(Stored records)
-- ===== src/Gdt.antt =====
-- src/gdt.c: the entries of the global descriptor table, and loading them.
pub mod Decode
pub mod Reload
use bloreos.Base.{
  ℕ, ◌+◌, ◌-◌, ◌*◌, ◌^◌, ◌==◌, if◌then◌else◌, update, bit_and, bit_or, ◌>>>◌, u8, u16,
}

-- `struct gdt_entry`
pub record GdtEntry : Type 0 where
  pub limit_low : ℕ
  pub base_low : ℕ
  pub base_middle : ℕ
  pub access : ℕ
  pub granularity : ℕ
  pub base_high : ℕ

abbrev pub blank : GdtEntry
blank = record {
  limit_low = 0;
  base_low = 0;
  base_middle = 0;
  access = 0;
  granularity = 0;
  base_high = 0;
}

-- The entry that set_gdt_entry stores.
unfoldable pub gdt_entry : ℕ → ℕ → ℕ → ℕ → GdtEntry
gdt_entry base limit access gran = record {
  limit_low = u16 (bit_and limit 0xffff);
  base_low = u16 (bit_and base 0xffff);
  base_middle = u8 (bit_and (base >>> 16) 0xff);
  access = access;
  granularity = u8 (bit_or (bit_and (limit >>> 16) 0x0f) (bit_and gran 0xf0));
  base_high = u8 (bit_and (base >>> 24) 0xff);
}

unfoldable pub set_gdt_entry : (ℕ → GdtEntry) → ℕ → ℕ → ℕ → ℕ → ℕ → ℕ → GdtEntry
unfolding gdt_entry
set_gdt_entry gdt num base limit access gran = update gdt num (gdt_entry base limit access gran)

-- SEGMENT_PRESENT | DESCRIPTOR_PRIVILEGE0 | DESCRIPTOR_TYPE_CODE | SEGMENT_EXECUTABLE | SEGMENT_READABLE
abbrev pub code_access : ℕ
code_access = bit_or 0x80 (bit_or 0x00 (bit_or 0x10 (bit_or 0x08 0x02)))

-- SEGMENT_PRESENT | DESCRIPTOR_PRIVILEGE0 | DESCRIPTOR_TYPE_DATA | SEGMENT_WRITABLE
abbrev pub data_access : ℕ
data_access = bit_or 0x80 (bit_or 0x00 (bit_or 0x10 0x02))

-- The three calls of `init_gdt`; the table's limit is in bytes, less one.
unfoldable pub init_gdt : (ℕ → GdtEntry) → ℕ → GdtEntry
unfolding set_gdt_entry
init_gdt gdt =
    set_gdt_entry (set_gdt_entry (set_gdt_entry gdt 0 0 0 0 0) 1 0 0xffff_ffff code_access 0x20) 2 0
      0xffff_ffff data_access (bit_or 0x00 0x00)

abbrev pub gdt_limit : ℕ
gdt_limit = 8 * 3 - 1
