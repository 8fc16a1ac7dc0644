-- ===== src/Gdt/Decode.antt =====
-- What the processor reads back from an entry.
use bloreos.Base.{
  ℕ, ◌+◌, ◌*◌, ◌/◌, ◌%◌, ◌<◌, ◌^◌, ◌≡◌, refl, true, arith, ◌==◌, ==_iff, bit_and, bit_or,
  bit_and_mask, all_below, all_below_sound, ◌>>>◌,
}
use bloreos.Gdt.{GdtEntry, gdt_entry}

abbrev pub decoded_base : GdtEntry → ℕ
decoded_base e = e.base_low + e.base_middle * 2 ^ 16 + e.base_high * 2 ^ 24

-- The 20 bits of the limit: the upper four share a byte with the flags.
abbrev pub decoded_limit : GdtEntry → ℕ
decoded_limit e = e.limit_low + e.granularity % 16 * 2 ^ 16

abbrev pub decoded_flags : GdtEntry → ℕ
decoded_flags e = e.granularity / 16

gran_table :
    all_below 16 (λ n. all_below 256 (λ g. bit_or n (bit_and g 0xf0) == g / 16 * 16 + n)) ≡ true
unfolding all_below
gran_table = refl

gran_byte : (n g : ℕ) → n < 16 → g < 256 → bit_or n (bit_and g 0xf0) ≡ g / 16 * 16 + n
gran_byte n g hn hg = (==_iff (bit_or n (bit_and g 0xf0)) (g / 16 * 16 + n)).0 (
    all_below_sound 256 (λ g. bit_or n (bit_and g 0xf0) == g / 16 * 16 + n) g
      (all_below_sound 16 (λ n. all_below 256 (λ g. bit_or n (bit_and g 0xf0) == g / 16 * 16 + n)) n
        gran_table hn)
      hg)

-- From the entry for a 32-bit base and limit, a byte of access rights and a byte of flags, the
-- processor reads back the base, the lowest 20 bits of the limit, the access rights and the upper
-- four bits of the flags.
pub gdt_entry_decodes :
    (base limit access gran : ℕ)
    → base < 2 ^ 32
    → gran < 256
    → let e = gdt_entry base limit access gran in
      (decoded_base e ≡ base)
      × (decoded_limit e ≡ limit % 2 ^ 20)
      × (e.access ≡ access)
      × (decoded_flags e ≡ gran / 16)
unfolding gdt_entry
gdt_entry_decodes base limit access gran hb hg =
    rw
      (
        bit_and_mask 16 base,
        bit_and_mask 16 limit,
        bit_and_mask 8 (base >>> 16),
        bit_and_mask 8 (base >>> 24),
        bit_and_mask 4 (limit >>> 16),
        gran_byte (limit / 2 ^ 16 % 16) gran (omega arith) hg,
      )
      (omega arith, omega arith, refl, omega arith)
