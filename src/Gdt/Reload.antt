-- ===== src/Gdt/Reload.antt =====
-- Loading the global descriptor table in src/gdt.c, and what the segment registers then select.
use bloreos.Base.{ℕ, ◌+◌, ◌*◌, ◌/◌, ◌≤◌, ◌≡◌, refl, List, [], ◌∷◌, Option, some, none, arith}
use bloreos.Gdt.{GdtEntry, init_gdt, code_access, data_access, gdt_limit}

-- The register of the table and the segment registers.
pub record Segments : Type 0 where
  pub gdtr_limit : ℕ
  pub gdtr_base : ℕ
  pub cs : ℕ
  pub ds : ℕ
  pub es : ℕ
  pub fs : ℕ
  pub gs : ℕ
  pub ss : ℕ

-- gdtp, a `struct gdt_ptr`.
pub record GdtPtr : Type 0 where
  pub limit : ℕ
  pub base : ℕ

-- lretq: the address, then the selector of the code segment.
unfoldable pub lretq : List ℕ → Segments → Option (ℕ × List ℕ × Segments)
lretq [] s = none
lretq (rip ∷ []) s = none
lretq (rip ∷ cs ∷ stack) s = some (rip, stack, record s { cs = cs })

-- _gdt_reload on a stack, with the address of the label 1; where it goes on, and with which stack.
unfoldable pub gdt_reload : GdtPtr → ℕ → List ℕ → Segments → Option (ℕ × List ℕ × Segments)
unfolding lretq
gdt_reload gdtp label stack s =
    let loaded = record s { gdtr_limit = gdtp.limit; gdtr_base = gdtp.base } in
    at_label (lretq (label ∷ 0x08 ∷ stack) loaded)
  where
    at_label : Option (ℕ × List ℕ × Segments) → Option (ℕ × List ℕ × Segments)
    at_label none = none
    at_label (some (rip, rest, s)) =
        some (rip, rest, record s { ds = 0x10; es = 0x10; fs = 0x10; gs = 0x10; ss = 0x10 })

-- The entry of a selector, of eight bytes, and whether the limit has all of them.
abbrev pub selected : (ℕ → GdtEntry) → ℕ → GdtEntry
selected gdt selector = gdt (selector / 8)

abbrev pub IsSelectable : Segments → ℕ → Type 0
IsSelectable s selector = selector / 8 * 8 + 7 ≤ s.gdtr_limit

-- With the table of init_gdt, _gdt_reload goes on at its label with the stack as it was, the code
-- segment selects the entry for code, each of the five data segments that for data, and both entries
-- lie inside the table's limit.
pub gdt_reload-selects :
    (gdt : ℕ → GdtEntry) (base label : ℕ) (stack : List ℕ) (s : Segments)
    → (s' : Segments) × (gdt_reload (record { limit = gdt_limit; base = base }) label stack s
        ≡ some (label, stack, s'))
      × ((selected (init_gdt gdt) s'.cs).access ≡ code_access)
      × ((selected (init_gdt gdt) s'.ds).access ≡ data_access)
      × ((selected (init_gdt gdt) s'.es).access ≡ data_access)
      × ((selected (init_gdt gdt) s'.fs).access ≡ data_access)
      × ((selected (init_gdt gdt) s'.gs).access ≡ data_access)
      × ((selected (init_gdt gdt) s'.ss).access ≡ data_access)
      × IsSelectable s' s'.cs
      × IsSelectable s' s'.ss
unfolding gdt_reload init_gdt
gdt_reload-selects gdt base label stack s = (
  record {
    gdtr_limit = gdt_limit;
    gdtr_base = base;
    cs = 0x08;
    ds = 0x10;
    es = 0x10;
    fs = 0x10;
    gs = 0x10;
    ss = 0x10;
  },
  refl,
  refl,
  refl,
  refl,
  refl,
  refl,
  refl,
  omega arith,
  omega arith,
)
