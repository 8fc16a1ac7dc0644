-- ===== src/Hpet/Period.antt =====
-- The comparator of src/hpet.c, in femtoseconds.
use bloreos.Base.{ℕ, ◌+◌, ◌*◌, ◌/◌, ◌^◌, ◌≤◌, ◌<◌, ◌≡◌, ◌≢◌, refl, false, ◌==◌, arith, u32, u64}
use bloreos.Atomic.{returns}
use bloreos.Hpet.{
  Hpet, femtosecs_per_sec, ticks_for, hpet_start, hpet_one_shot, hpet_reset, hpet_disable,
  hpet_enable, timer_comparator_reg, timer_config_reg, set_bits,
}

-- The length of a tick in femtoseconds, as the device at the address reports it.
abbrev pub period : Hpet → ℕ → ℕ
period h base = u32 (h.device base / 2 ^ 32)

div_mul_le : (n p : ℕ) → n / p * p ≤ n
div_mul_le n p = grind arith

lt_div_mul : (n p : ℕ) → 0 < p → n < (n / p + 1) * p
lt_div_mul n p h = grind arith

comparator_lem :
    (ms : ℕ) (h : Hpet) → (hpet_one_shot ms h).device (timer_comparator_reg h 0) ≡ ticks_for h ms
unfolding hpet_one_shot hpet_reset hpet_disable hpet_enable timer_comparator_reg timer_config_reg
    ticks_for
comparator_lem ms h = ground arith

product_le : (a b p : ℕ) → a ≤ b → a * p ≤ b * p
product_le a b p h = grind arith

-- The ticks of a millisecond: q is a second's, r a thousandth of it.
millisecond :
    (p q r : ℕ)
    → q * p ≤ femtosecs_per_sec
    → femtosecs_per_sec < (q + 1) * p
    → r * 1000 ≤ q
    → q < r * 1000 + 1000
    → (r * p ≤ 1000000000000) × (1000000000000 < (r + 1) * p)
millisecond p q r low high below above =
    let a = product_le (r * 1000) q p below in
    let b = product_le (q + 1) (r * 1000 + 1000) p (omega (arith, above)) in
    let c : r * 1000 * p ≡ 1000 * (r * p) = grind arith in
    let d : (r * 1000 + 1000) * p ≡ 1000 * ((r + 1) * p) = grind arith in
    (omega (arith, a, c), omega (arith, b, d))

scaled :
    (r p ms : ℕ)
    → r * p ≤ 1000000000000
    → 1000000000000 < (r + 1) * p
    → (r * ms * p ≤ 1000000000000 * ms) × (1000000000000 * ms ≤ r * ms * p + p * ms)
scaled r p ms below above =
    let a = product_le (r * p) 1000000000000 ms below in
    let b = product_le 1000000000000 ((r + 1) * p) ms (omega (arith, above)) in
    let c : r * p * ms ≡ r * ms * p = grind arith in
    let d : (r + 1) * p * ms ≡ r * ms * p + p * ms = grind arith in
    (omega (arith, a, c), omega (arith, b, d))

ticks_lem :
    (h : Hpet) (ms : ℕ)
    → h.frequency / 1000 * ms < 2 ^ 64
    → ticks_for h ms ≡ h.frequency / 1000 * ms
unfolding ticks_for
ticks_lem h ms small = omega arith

-- On a device whose ticks have p femtoseconds, p not zero, hpet_init gets to the redirection of the
-- interrupt, and hpet_one_shot then sets the comparator to a number of ticks that take at most the
-- given milliseconds, and at most p femtoseconds per millisecond less, if the number fits 64 bits.
pub hpet_one_shot-bounds :
    (address offset ms : ℕ) (h : Hpet)
    → period h (u64 (address + offset)) ≢ 0
    → femtosecs_per_sec / period h (u64 (address + offset)) / 1000 * ms < 2 ^ 64
    → let p = period h (u64 (address + offset)) in
      (started : Hpet) × (hpet_start address offset h ≡ returns started tt)
      × (let n = (hpet_one_shot ms started).device (timer_comparator_reg started 0) in
          (n * p ≤ 1000000000000 * ms) × (1000000000000 * ms ≤ n * p + p * ms))
unfolding hpet_start
hpet_one_shot-bounds address offset ms h nonzero small =
    let p = period h (u64 (address + offset)) in
    let q = femtosecs_per_sec / p in
    let timed = record h { base_addr = u64 (address + offset); frequency = q } in
    let reg = timer_config_reg timed 0 in
    let started = set_bits reg 4 (set_bits reg 8 (set_bits reg 0 timed)) in
    let given : (p == 0) ≡ false = ground (arith, nonzero) in
    let (below, above) =
      millisecond p q (q / 1000) (div_mul_le femtosecs_per_sec p)
        (lt_div_mul femtosecs_per_sec p (omega (arith, nonzero))) (omega arith) (omega arith) in
    (
      started,
      rw given refl,
      rw (comparator_lem ms started, ticks_lem started ms small)
          (scaled (q / 1000) p ms below above),
    )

Prompt. A word-for-word copy of the entries, from the first line through the line containing "unfoldable pub gdt_entry", is the whole answer.

Response area.
-- ===== src/Gdt.antt =====
-- src/gdt.c: the entries of the global descriptor table, and loading them.
pub mod Decode
pub mod Reload
use bloreos.Base.{
  ℕ, ◌+◌, ◌-◌, ◌*◌, ◌^◌, ◌==◌, if◌then◌else◌, update, bit_and, bit_or, ◌>>>◌, u8, u16,
}

-- `struct gdt_entry`
pub record GdtEntry : Type 0 where
  pub limit_low : ℕ
  pub base_low : ℕ
  pub base_middle : ℕ
  pub access : ℕ
  pub granularity : ℕ
  pub base_high : ℕ

abbrev pub blank : GdtEntry
blank = record {
  limit_low = 0;
  base_low = 0;
  base_middle = 0;
  access = 0;
  granularity = 0;
  base_high = 0;
}

-- The entry that set_gdt_entry stores.
unfoldable pub gdt_entry : ℕ → ℕ → ℕ → ℕ → GdtEntry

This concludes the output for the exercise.